Concepts
Autoscaling

Autoscaling your Fargate Services

When you run your services in a production environment, you typically have multiple instances of each server for high availability.

Flightcontrol lets you set the minimum and maximum number of instances for each service (web server or worker). In addition, you can configure the instance size to use with each service.

Autoscaling Rules

Flightcontrol sets up autoscaling rules on Fargate for each type of service (web service and worker).

The default autoscaling rules used by both types are:

70% CPU utilization

70% Memory utilization

Web Services

For Fargate web services, Flightcontrol also sets a threshold of 500 requests over the course of 60 seconds, measured twice in a three minute period. If this threshold is exceeded, another Fargate instance gets added to your set, up to the maximum number of instances.

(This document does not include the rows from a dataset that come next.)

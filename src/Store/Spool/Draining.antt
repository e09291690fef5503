-- ===== src/Store/Spool/Draining.antt =====
-- What leaves the queue of a task and direction, and what its statistics count.
use dts.Common.{
  ℕ, zero, suc, String, ◌+◌, ◌≡◌, ◌≢◌, refl, ◌∙◌, ap, List, [], ◌∷◌, none, ok, ◌=s=◌, if◌then◌else◌,
  All, arith, eq_iff, Bool-cases, inl, inr, Option-cases, length,
}
use dts.Domain.{SpoolRecord, SpoolStats}
use dts.Store.Defs.{Store}
use dts.Store.Spool.{
  pending_records, mark_applied, mark_cdc_spool_applied, drop_applied, delete_applied_cdc_spool,
  add_stats, no_stats, cdc_spool_stats, is_pending_of,
}
use dts.Store.Spool.Sequence.{mark_first, mark_applied-first}
use dts.Store.Spool.Queue.{queue}

module _ {E : Type 0} where
  pending_records-drop_applied :
      (task direction task' direction' : String) (n : ℕ) (vs : List (SpoolRecord E))
      → pending_records task direction (drop_applied task' direction' n vs)
        ≡ pending_records task direction vs
  unfolding pending_records drop_applied
  pending_records-drop_applied task direction task' direction' n [] = refl
  pending_records-drop_applied task direction task' direction' zero (v ∷ vs) = refl
  pending_records-drop_applied task direction task' direction' (suc n) (v ∷ vs) = ground (
    arith,
    pending_records-drop_applied task direction task' direction' n vs,
    pending_records-drop_applied task direction task' direction' (suc n) vs,
  )

  -- No two records share an id.
  abbrev pub HasUniqueIds : List (SpoolRecord E) → Type 0
  HasUniqueIds [] = Unit
  HasUniqueIds (v ∷ vs) = All (λ w. w.id ≢ v.id) vs × HasUniqueIds vs

  pending_records-All :
      (P : SpoolRecord E → Type 0) (task direction : String) (vs : List (SpoolRecord E))
      → All P vs
      → All P (pending_records task direction vs)
  unfolding pending_records
  pending_records-All P task direction [] h = tt
  pending_records-All P task direction (v ∷ vs) h =
      elim (Bool-cases (is_pending_of task direction v)) [
        | inl e ↦ rw e (h.0, pending_records-All P task direction vs h.1)
        | inr e ↦ rw e (pending_records-All P task direction vs h.1)
      ]

  mark_first-queue :
      (task direction : String) (at : ℕ) (vs : List (SpoolRecord E)) (v : SpoolRecord E)
      (rest : List (SpoolRecord E))
      → HasUniqueIds vs
      → pending_records task direction vs ≡ v ∷ rest
      → pending_records task direction (mark_first v.id at vs) ≡ rest
  unfolding pending_records
  mark_first-queue task direction at [] v rest h e = cc
  mark_first-queue task direction at (w ∷ vs) v rest h e =
      elim (Bool-cases (is_pending_of task direction w)) [
        | inl f ↦ ground (arith, eq_iff w.id v.id)
        | inr f ↦
            let later : pending_records task direction vs ≡ v ∷ rest = ground arith in
            let other =
              rw later at (pending_records-All (λ u. u.id ≢ w.id) task direction vs h.0) in
            ground (
              arith,
              eq_iff w.id v.id,
              other.0,
              mark_first-queue task direction at vs v rest h.1 later,
            )
      ]

  mark-result :
      (s : Store E) (id : String) (at : ℕ) {t : Store E}
      → mark_cdc_spool_applied s id at ≡ ok t
      → t.cdc_spool ≡ mark_first id at s.cdc_spool
  unfolding mark_cdc_spool_applied
  mark-result s id at {t} e = elim (Option-cases (mark_applied id at s.cdc_spool)) [
    | inl f ↦ cc (rw (f, mark_cdc_spool_applied) at e)
    | inr (spool, f) ↦ ground (arith, mark_applied-first id at s.cdc_spool f)
  ]

  mark_first-All :
      (id : String) (at : ℕ) (name : String) (vs : List (SpoolRecord E))
      → All (λ w. w.id ≢ name) vs
      → All (λ w. w.id ≢ name) (mark_first id at vs)
  mark_first-All id at name [] h = tt
  mark_first-All id at name (v ∷ vs) h = elim (Bool-cases (v.id =s= id)) [
    | inl e ↦ rw e (h.0, h.1)
    | inr e ↦ rw e (h.0, mark_first-All id at name vs h.1)
  ]

  mark_first-HasUniqueIds :
      (id : String) (at : ℕ) (vs : List (SpoolRecord E))
      → HasUniqueIds vs
      → HasUniqueIds (mark_first id at vs)
  mark_first-HasUniqueIds id at [] h = tt
  mark_first-HasUniqueIds id at (v ∷ vs) h = elim (Bool-cases (v.id =s= id)) [
    | inl e ↦ rw e (h.0, h.1)
    | inr e ↦ rw e (mark_first-All id at v.id vs h.0, mark_first-HasUniqueIds id at vs h.1)
  ]

  pub mark-HasUniqueIds :
      (s : Store E) (id : String) (at : ℕ) {t : Store E}
      → HasUniqueIds s.cdc_spool
      → mark_cdc_spool_applied s id at ≡ ok t
      → HasUniqueIds t.cdc_spool
  mark-HasUniqueIds s id at h e =
      rw (mark-result s id at e) (mark_first-HasUniqueIds id at s.cdc_spool h)

  mark_applied-finds :
      (task direction : String) (at : ℕ) (vs : List (SpoolRecord E)) (v : SpoolRecord E)
      (rest : List (SpoolRecord E))
      → pending_records task direction vs ≡ v ∷ rest
      → mark_applied v.id at vs ≢ none
  unfolding pending_records mark_applied
  mark_applied-finds task direction at [] v rest e m = cc
  mark_applied-finds task direction at (w ∷ vs) v rest e m =
      ground (arith, eq_iff w.id v.id, mark_applied-finds task direction at vs v rest)

  -- With unique ids, marking the oldest pending transaction applied succeeds and takes it, and it
  -- alone, off the queue of its task and direction.
  pub mark_queue :
      (s : Store E) (task direction : String) (at : ℕ) (v : SpoolRecord E)
      (rest : List (SpoolRecord E))
      → HasUniqueIds s.cdc_spool
      → queue s task direction ≡ v ∷ rest
      → (t : Store E) × (mark_cdc_spool_applied s v.id at ≡ ok t) × (queue t task direction ≡ rest)
  unfolding mark_cdc_spool_applied
  mark_queue s task direction at v rest h e =
      elim (Option-cases (mark_applied v.id at s.cdc_spool)) [
        | inl f ↦ absurd (mark_applied-finds task direction at s.cdc_spool v rest e f)
        | inr (spool, f) ↦
            let t = record s { cdc_spool = spool } in
            let m : mark_cdc_spool_applied s v.id at ≡ ok t = rw (f, mark_cdc_spool_applied) refl in
            (
              t,
              m,
              ap (pending_records task direction) (mark-result s v.id at m)
                  ∙ mark_first-queue task direction at s.cdc_spool v rest h e,
            )
      ]

  -- Deleting old applied transactions of any task and direction leaves every queue as it was.
  pub delete_queue :
      (s : Store E) (task' direction' : String) (keep : ℕ) (task direction : String)
      → queue (delete_applied_cdc_spool s task' direction' keep) task direction
        ≡ queue s task direction
  unfolding delete_applied_cdc_spool
  delete_queue s task' direction' keep task direction =
      pending_records-drop_applied task direction task' direction' _ s.cdc_spool

  abbrev pub sum_events : List (SpoolRecord E) → ℕ
  sum_events [] = 0
  sum_events (v ∷ vs) = v.event_count + sum_events vs

  abbrev pub sum_bytes : List (SpoolRecord E) → ℕ
  sum_bytes [] = 0
  sum_bytes (v ∷ vs) = v.payload_bytes + sum_bytes vs

  add_stats-sums :
      (task direction : String) (out : SpoolStats) (vs : List (SpoolRecord E))
      → let waiting = pending_records task direction vs in
        let stats = add_stats task direction out vs in
        (stats.pending_transactions ≡ out.pending_transactions + length waiting)
        × (stats.pending_events ≡ out.pending_events + sum_events waiting)
        × (stats.pending_bytes ≡ out.pending_bytes + sum_bytes waiting)
  unfolding add_stats pending_records
  add_stats-sums task direction out [] = omega arith
  add_stats-sums task direction out (v ∷ vs) =
      let next : SpoolStats = record {
        pending_transactions = out.pending_transactions + 1;
        pending_events = out.pending_events + v.event_count;
        pending_bytes = out.pending_bytes + v.payload_bytes;
        first_position = if out.first_position =s= "" then v.position_value else out.first_position;
        last_position = v.position_value;
      } in
      ground (arith, add_stats-sums task direction next vs, add_stats-sums task direction out vs)

  -- `CDCSpoolStats` counts the queue: its transactions, and the sums of their events and bytes.
  pub stats_queue :
      (s : Store E) (task direction : String)
      → let stats = cdc_spool_stats s task direction in
        (stats.pending_transactions ≡ length (queue s task direction))
        × (stats.pending_events ≡ sum_events (queue s task direction))
        × (stats.pending_bytes ≡ sum_bytes (queue s task direction))
  unfolding cdc_spool_stats
  stats_queue s task direction = omega (arith, add_stats-sums task direction no_stats s.cdc_spool)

Configuring Autoscaling in the Dashboard

The autoscaling configuration is available in the dashboard. For an existing service, you will find the options under the Config tab.

Number of Instances

The minumum and maximum number of instances are options in the Instance configuration section of the service configuration. If these numbers are different, Flightcontrol will tell ECS Fargate to use autoscaling. If the numbers are the same, autoscaling wouldn't be necessary.

Showing the minimum and maximum instance configuration in the dashboard

Both minimum and maximum instances may be specified for each service. This can also vary between environments, as each environment is configured separately.

Thresholds

The autoscaling thresholds are configured in the Autoscaling section of the service configuration.

Showing the configuration options for autoscaling in the dashboard

You can set different thresholds for different environments. For example, you may want to set a higher threshold for your staging environment, and a lower threshold for your production environment.

Configuring Autoscaling in Code

With flightcontrol.json as your configuration option, the minInstances and maxInstances attributes can be set for each individual service.

The following example shows a Flask web application that has a minimum of 2 instances, and a maximum of 5 instances to run at any one time.

We have also configured the autoscaling parameters with the following:

  • CPU Threshold of 60%
  • Memory Threshold of 60%
  • Cooldown Timer of 300 seconds
  • Requests per Target of 1000
flightcontrol.json
{
  "$schema": "https://app.flightcontrol.dev/schema.json",
  "environments": [
    {
      "id": "production",
      "name": "Production",
      "region": "us-west-2",
      "source": {
        "branch": "main"
      },
      "services": [
        {
          "id": "flask-web",
          "name": "Flask Web",
          "type": "fargate",
          "buildType": "nixpacks",
          "cpu": 0.5,
          "memory": 1,
          "minInstances": 2,
          "maxInstances": 5,
          "autoscaling": {
            "cpuThreshold": 60,
            "memoryThreshold": 60,
            "cooldownTimerSecs": 300,
            "requestsPerTarget": 1000
          },
          "envVariables": {},
          "healthCheckPath": "/healthcheck"
        }
      ]
    }
  ]
}

Conclusion

We encourage everyone that uses cloud environments to monitor their costs, and to consider how instance counts and sizes affect cost and performance.

You may also need to adjust the autoscaling parameters to suit your application's performance needs. For example, if your application is CPU intensive, you may want to increase the CPU threshold to 80%.